TASK PROMPT: Return every line of the entries that includes the word "Permᴰ".

◆ ◆ ◆ ◆ ◆

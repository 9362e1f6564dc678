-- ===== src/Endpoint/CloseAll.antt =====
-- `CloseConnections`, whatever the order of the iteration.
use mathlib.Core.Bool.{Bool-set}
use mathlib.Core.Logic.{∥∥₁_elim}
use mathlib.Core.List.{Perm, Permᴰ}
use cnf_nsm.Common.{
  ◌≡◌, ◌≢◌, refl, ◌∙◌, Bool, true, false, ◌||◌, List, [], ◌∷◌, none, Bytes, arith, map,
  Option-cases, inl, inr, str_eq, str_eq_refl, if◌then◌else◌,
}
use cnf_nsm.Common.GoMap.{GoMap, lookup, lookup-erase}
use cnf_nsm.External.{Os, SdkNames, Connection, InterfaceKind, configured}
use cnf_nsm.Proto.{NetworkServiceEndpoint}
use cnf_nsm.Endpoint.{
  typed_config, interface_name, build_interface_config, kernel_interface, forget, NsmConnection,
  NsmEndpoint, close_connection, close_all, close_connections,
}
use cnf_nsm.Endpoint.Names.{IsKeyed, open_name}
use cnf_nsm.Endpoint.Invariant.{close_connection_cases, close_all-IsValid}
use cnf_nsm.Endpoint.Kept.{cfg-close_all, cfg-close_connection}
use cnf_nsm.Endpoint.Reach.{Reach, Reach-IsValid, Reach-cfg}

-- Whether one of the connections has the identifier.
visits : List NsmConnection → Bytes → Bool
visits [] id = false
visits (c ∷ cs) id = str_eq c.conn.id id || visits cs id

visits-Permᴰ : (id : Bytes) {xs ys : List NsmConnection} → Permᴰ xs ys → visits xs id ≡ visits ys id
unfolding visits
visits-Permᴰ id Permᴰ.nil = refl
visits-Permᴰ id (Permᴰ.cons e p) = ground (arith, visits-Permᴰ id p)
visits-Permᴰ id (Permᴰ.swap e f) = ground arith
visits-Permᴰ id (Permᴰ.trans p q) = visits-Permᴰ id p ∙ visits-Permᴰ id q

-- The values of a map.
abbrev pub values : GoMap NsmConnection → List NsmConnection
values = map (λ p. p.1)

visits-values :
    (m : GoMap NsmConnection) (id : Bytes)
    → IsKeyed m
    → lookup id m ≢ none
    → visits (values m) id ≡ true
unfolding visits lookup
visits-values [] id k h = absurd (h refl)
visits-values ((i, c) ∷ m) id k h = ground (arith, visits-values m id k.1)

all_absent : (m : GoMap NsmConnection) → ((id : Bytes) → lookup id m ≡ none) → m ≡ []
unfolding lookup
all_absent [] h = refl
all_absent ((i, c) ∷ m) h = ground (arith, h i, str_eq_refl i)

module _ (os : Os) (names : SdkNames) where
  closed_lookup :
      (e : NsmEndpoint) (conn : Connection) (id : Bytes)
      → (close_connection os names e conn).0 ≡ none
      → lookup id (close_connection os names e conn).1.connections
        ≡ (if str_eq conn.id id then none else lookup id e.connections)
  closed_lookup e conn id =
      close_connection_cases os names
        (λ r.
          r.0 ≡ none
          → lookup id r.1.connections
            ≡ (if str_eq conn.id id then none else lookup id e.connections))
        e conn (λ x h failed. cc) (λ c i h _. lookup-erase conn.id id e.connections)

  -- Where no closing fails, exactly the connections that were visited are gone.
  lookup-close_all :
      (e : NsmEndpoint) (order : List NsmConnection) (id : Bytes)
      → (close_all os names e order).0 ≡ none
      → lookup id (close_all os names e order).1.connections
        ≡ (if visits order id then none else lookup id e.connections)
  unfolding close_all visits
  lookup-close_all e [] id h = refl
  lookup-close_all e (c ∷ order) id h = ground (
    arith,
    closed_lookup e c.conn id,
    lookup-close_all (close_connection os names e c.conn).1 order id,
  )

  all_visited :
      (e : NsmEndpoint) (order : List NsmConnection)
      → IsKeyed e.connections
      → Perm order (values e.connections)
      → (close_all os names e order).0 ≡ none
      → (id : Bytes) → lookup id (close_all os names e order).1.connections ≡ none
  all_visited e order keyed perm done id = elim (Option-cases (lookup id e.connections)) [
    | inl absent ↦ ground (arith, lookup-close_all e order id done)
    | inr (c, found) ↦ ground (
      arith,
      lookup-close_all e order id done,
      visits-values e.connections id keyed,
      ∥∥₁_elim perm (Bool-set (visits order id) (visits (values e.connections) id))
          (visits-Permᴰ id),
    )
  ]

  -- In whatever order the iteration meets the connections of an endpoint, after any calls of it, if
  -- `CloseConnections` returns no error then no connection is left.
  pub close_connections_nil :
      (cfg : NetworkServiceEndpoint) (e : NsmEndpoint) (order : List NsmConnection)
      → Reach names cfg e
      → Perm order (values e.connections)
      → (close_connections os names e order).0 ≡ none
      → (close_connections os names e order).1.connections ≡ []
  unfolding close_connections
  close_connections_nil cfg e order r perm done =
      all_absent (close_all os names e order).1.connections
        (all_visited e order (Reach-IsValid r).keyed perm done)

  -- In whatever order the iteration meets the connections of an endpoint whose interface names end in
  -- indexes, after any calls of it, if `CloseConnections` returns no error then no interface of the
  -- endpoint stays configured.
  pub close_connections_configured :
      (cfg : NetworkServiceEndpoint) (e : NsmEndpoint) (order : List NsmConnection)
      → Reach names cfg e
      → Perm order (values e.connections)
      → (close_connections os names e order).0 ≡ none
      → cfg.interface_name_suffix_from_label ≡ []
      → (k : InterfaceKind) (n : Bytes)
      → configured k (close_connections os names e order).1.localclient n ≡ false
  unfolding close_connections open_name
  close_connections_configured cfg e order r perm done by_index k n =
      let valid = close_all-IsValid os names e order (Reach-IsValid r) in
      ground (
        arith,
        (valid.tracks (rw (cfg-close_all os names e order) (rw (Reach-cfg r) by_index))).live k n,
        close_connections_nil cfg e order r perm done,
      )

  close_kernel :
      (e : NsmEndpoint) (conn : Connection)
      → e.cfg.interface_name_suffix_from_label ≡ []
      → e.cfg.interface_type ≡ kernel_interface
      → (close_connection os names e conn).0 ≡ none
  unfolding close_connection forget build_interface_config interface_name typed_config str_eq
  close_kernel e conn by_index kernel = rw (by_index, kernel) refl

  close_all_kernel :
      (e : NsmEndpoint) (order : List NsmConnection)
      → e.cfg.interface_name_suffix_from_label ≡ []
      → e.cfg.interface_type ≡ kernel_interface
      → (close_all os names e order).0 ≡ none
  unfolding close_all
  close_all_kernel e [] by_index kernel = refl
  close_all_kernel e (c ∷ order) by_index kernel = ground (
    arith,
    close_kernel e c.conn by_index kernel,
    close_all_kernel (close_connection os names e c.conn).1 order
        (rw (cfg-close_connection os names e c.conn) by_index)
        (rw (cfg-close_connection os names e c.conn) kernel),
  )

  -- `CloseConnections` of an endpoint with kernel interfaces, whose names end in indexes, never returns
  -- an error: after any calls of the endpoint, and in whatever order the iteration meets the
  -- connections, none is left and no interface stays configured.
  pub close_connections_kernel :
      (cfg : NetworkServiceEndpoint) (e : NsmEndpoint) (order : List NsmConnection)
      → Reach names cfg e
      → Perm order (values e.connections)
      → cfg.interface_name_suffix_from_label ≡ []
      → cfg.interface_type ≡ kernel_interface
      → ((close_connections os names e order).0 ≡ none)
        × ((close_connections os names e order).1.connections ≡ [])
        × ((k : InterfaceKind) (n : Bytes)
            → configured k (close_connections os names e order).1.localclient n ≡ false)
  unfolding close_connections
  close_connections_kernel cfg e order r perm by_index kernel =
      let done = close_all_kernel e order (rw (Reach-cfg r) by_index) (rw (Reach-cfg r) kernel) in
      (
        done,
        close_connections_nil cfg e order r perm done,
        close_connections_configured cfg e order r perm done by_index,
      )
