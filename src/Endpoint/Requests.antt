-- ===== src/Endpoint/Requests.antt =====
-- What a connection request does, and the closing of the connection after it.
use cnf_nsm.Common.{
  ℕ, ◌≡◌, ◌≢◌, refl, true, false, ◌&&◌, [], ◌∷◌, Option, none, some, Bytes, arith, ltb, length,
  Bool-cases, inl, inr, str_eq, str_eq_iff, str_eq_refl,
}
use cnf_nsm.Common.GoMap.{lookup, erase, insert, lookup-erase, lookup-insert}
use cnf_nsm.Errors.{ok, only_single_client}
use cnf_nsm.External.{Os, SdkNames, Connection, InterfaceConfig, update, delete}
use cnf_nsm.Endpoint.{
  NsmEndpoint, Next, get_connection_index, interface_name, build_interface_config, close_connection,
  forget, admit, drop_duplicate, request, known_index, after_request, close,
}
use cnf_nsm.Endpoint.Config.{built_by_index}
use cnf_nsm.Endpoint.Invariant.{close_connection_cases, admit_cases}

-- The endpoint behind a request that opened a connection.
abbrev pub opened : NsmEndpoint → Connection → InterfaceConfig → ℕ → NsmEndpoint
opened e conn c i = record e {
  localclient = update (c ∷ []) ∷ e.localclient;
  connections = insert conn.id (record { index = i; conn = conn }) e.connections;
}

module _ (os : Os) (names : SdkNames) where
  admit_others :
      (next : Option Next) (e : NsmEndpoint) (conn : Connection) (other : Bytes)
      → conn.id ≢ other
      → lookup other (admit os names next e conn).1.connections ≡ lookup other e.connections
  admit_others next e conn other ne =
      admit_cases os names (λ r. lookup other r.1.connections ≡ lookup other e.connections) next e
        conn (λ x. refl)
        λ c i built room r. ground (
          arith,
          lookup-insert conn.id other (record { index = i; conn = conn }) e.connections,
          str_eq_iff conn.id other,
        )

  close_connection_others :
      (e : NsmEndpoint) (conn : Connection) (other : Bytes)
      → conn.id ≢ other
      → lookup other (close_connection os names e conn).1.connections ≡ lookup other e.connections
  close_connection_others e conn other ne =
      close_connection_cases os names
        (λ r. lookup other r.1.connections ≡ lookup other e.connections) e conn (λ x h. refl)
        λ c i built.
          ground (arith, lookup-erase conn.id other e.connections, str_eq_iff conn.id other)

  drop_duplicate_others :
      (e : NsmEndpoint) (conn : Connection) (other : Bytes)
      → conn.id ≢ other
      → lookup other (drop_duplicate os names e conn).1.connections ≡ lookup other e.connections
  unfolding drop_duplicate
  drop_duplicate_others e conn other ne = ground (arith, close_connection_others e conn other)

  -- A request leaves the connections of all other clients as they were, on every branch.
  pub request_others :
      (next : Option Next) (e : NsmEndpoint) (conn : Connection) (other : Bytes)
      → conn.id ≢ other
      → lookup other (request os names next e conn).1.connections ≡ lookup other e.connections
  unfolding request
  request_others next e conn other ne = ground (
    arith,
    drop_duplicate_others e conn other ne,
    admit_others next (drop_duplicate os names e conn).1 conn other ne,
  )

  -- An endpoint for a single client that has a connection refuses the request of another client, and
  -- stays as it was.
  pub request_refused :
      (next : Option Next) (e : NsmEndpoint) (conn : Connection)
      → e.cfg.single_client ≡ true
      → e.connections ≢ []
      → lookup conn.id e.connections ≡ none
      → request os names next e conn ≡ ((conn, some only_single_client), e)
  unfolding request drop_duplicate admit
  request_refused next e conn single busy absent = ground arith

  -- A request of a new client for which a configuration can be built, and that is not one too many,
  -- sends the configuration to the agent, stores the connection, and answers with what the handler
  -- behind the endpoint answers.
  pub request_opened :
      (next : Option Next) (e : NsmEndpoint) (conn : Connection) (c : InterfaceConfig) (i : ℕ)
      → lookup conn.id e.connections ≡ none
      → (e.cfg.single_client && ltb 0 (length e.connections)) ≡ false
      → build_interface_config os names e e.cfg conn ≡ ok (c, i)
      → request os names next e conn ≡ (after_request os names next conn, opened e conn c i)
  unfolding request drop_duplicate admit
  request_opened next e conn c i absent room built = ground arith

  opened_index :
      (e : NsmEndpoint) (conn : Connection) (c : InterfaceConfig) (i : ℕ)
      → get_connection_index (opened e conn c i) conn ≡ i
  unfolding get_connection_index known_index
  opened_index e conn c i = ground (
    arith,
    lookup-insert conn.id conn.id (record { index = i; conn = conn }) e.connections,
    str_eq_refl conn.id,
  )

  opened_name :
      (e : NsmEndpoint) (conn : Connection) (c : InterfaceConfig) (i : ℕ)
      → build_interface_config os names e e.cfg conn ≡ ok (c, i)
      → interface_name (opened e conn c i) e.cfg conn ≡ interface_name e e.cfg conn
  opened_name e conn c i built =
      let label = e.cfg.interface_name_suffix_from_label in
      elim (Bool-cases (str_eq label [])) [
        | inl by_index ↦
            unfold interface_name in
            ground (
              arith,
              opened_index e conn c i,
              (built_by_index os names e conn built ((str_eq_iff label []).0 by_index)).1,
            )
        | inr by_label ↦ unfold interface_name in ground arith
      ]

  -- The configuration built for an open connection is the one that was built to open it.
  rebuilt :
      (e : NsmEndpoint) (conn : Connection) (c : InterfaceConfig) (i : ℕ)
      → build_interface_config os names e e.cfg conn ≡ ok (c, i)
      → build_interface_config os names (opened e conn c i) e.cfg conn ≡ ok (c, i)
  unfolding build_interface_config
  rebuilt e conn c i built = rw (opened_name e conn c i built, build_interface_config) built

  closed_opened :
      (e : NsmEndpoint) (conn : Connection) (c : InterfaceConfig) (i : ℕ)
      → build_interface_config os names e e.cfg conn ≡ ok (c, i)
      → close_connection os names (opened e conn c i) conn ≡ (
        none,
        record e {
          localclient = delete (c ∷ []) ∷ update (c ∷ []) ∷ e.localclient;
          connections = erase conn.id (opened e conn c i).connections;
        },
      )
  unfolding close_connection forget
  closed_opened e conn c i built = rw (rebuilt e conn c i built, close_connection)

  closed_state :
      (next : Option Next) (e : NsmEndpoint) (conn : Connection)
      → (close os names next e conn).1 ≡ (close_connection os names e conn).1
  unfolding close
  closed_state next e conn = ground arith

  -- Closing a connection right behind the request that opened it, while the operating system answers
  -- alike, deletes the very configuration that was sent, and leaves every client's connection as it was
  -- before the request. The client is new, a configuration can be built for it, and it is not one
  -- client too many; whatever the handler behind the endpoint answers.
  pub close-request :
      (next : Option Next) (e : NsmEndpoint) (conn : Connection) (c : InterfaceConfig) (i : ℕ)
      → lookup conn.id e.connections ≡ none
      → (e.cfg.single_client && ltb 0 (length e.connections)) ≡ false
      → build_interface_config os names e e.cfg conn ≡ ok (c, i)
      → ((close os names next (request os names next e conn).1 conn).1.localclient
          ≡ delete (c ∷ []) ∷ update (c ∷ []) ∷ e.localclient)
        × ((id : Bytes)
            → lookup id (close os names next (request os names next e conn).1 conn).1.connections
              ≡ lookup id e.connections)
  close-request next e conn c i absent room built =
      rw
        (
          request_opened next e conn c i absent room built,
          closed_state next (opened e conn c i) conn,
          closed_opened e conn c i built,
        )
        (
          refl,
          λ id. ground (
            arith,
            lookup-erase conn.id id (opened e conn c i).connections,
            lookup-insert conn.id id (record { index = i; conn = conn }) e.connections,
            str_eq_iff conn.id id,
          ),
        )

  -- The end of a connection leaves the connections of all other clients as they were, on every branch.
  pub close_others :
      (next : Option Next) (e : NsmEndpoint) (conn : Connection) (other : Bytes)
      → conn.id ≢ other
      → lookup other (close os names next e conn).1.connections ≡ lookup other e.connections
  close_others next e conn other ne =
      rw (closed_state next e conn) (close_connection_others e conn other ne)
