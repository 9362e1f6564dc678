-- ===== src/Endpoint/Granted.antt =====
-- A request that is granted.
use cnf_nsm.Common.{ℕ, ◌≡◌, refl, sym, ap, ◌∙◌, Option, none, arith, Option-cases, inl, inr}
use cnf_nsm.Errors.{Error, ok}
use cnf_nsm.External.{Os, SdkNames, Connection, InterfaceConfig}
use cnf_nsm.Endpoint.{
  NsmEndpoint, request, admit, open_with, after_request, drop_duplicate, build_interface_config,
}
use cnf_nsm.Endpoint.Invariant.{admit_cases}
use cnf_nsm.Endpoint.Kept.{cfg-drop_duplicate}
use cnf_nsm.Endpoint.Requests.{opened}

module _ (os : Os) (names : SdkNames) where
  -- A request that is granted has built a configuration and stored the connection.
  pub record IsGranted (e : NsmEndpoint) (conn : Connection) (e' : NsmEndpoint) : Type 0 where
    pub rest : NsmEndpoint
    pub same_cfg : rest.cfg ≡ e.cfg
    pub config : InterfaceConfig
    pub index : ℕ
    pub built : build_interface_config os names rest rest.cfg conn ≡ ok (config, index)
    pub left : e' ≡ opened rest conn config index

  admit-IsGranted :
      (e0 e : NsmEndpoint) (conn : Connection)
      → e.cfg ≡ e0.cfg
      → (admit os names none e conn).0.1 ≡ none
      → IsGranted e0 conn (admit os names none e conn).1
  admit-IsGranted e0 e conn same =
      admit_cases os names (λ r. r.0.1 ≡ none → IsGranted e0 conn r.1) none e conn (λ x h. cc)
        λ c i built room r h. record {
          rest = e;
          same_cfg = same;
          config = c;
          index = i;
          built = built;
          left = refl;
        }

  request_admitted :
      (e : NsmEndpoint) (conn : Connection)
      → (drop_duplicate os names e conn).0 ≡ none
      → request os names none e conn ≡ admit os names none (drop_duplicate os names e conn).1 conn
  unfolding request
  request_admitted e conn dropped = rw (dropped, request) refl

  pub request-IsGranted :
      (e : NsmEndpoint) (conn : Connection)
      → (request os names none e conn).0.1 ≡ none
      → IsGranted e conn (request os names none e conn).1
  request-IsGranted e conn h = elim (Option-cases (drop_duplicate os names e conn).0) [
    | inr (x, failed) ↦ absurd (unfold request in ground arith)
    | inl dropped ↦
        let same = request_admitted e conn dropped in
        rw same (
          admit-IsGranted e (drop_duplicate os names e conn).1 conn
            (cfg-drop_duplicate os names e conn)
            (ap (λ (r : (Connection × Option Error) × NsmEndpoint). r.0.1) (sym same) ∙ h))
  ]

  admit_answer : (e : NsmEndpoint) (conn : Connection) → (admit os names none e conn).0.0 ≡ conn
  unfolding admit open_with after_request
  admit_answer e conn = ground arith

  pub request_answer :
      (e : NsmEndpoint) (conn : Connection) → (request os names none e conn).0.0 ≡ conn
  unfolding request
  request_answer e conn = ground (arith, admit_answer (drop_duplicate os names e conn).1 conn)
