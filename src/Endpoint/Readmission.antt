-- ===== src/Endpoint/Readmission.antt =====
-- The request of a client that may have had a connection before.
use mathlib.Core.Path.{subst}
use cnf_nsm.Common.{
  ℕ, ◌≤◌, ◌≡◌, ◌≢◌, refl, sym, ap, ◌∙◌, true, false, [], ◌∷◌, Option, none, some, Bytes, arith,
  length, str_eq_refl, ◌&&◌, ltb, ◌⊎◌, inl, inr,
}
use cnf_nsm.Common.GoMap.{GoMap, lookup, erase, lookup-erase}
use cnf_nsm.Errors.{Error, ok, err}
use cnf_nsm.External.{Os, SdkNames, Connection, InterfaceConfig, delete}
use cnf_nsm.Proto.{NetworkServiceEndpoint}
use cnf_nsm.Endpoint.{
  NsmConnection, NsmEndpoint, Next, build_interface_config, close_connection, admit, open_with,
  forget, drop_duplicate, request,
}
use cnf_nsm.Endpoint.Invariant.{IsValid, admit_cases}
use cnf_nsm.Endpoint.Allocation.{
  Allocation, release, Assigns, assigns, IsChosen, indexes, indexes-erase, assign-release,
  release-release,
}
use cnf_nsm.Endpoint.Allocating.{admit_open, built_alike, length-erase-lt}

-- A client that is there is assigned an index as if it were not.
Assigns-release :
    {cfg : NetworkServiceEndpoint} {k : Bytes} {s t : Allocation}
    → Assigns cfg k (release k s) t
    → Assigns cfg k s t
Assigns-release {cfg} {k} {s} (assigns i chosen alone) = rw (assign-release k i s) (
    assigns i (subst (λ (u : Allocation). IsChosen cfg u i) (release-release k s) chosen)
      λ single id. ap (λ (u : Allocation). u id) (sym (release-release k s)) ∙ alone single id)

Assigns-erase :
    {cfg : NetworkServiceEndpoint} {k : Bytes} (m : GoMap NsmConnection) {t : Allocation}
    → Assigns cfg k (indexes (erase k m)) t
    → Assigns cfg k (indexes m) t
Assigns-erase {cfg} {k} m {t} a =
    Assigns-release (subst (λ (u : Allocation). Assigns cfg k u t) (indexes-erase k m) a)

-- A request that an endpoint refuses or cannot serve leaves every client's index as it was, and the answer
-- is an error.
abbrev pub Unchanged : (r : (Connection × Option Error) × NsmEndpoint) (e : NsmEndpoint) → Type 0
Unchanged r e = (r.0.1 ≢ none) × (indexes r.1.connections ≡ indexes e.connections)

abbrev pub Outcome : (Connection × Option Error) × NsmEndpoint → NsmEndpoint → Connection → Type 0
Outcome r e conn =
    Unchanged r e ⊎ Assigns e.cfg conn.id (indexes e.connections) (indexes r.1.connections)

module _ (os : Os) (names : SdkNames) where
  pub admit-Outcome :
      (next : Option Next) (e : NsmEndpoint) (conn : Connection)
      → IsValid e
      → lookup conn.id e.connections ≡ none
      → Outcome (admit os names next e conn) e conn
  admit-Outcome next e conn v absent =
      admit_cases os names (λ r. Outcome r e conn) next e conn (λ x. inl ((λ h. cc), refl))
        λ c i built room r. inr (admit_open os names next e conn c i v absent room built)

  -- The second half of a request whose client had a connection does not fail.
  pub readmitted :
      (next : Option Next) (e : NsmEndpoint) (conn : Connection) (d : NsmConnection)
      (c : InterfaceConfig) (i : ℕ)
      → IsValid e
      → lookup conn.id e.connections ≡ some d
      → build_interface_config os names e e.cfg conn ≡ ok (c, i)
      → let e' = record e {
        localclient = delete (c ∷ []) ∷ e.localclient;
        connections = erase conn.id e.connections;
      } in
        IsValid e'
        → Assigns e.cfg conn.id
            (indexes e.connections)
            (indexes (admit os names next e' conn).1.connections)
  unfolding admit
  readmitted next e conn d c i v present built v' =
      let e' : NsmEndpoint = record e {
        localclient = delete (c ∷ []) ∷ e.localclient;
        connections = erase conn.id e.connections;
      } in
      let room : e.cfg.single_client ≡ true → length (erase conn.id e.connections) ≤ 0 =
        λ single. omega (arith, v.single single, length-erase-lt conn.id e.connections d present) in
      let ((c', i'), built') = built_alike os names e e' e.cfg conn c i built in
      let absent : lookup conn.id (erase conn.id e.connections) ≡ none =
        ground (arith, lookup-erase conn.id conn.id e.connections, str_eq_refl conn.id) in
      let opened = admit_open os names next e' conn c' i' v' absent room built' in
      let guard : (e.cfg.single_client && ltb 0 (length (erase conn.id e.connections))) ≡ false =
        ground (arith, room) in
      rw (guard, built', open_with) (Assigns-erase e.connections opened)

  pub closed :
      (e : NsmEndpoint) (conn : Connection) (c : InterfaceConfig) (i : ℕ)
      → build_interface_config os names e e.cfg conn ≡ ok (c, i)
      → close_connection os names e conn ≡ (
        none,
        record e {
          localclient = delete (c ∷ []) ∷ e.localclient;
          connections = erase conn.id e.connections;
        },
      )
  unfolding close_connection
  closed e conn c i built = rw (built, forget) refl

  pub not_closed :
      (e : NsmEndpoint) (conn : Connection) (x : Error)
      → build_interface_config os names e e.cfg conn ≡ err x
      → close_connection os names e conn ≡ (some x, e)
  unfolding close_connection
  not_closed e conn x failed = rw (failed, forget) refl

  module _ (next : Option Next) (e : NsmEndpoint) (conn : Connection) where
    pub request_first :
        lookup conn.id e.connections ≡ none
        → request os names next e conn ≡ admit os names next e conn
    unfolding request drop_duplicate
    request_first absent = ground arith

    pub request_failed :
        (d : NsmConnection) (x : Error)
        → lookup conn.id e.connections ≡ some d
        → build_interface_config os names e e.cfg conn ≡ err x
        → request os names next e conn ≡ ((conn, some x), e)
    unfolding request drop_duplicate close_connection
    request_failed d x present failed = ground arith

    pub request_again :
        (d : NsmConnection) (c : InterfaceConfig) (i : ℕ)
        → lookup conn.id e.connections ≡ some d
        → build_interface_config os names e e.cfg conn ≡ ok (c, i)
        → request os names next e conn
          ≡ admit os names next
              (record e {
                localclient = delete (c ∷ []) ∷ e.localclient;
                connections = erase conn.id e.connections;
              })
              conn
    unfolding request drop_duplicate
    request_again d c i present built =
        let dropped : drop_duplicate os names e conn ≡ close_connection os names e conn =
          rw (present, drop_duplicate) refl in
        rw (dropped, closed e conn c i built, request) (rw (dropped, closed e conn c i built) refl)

◆ ◆ ◆ ◆ ◆

ANSWER BOX:
use mathlib.Core.List.{Perm, Permᴰ}
visits-Permᴰ : (id : Bytes) {xs ys : List NsmConnection} → Permᴰ xs ys → visits xs id ≡ visits ys id
visits-Permᴰ id Permᴰ.nil = refl
visits-Permᴰ id (Permᴰ.cons e p) = ground (arith, visits-Permᴰ id p)
visits-Permᴰ id (Permᴰ.swap e f) = ground arith
visits-Permᴰ id (Permᴰ.trans p q) = visits-Permᴰ id p ∙ visits-Permᴰ id q
          (visits-Permᴰ id),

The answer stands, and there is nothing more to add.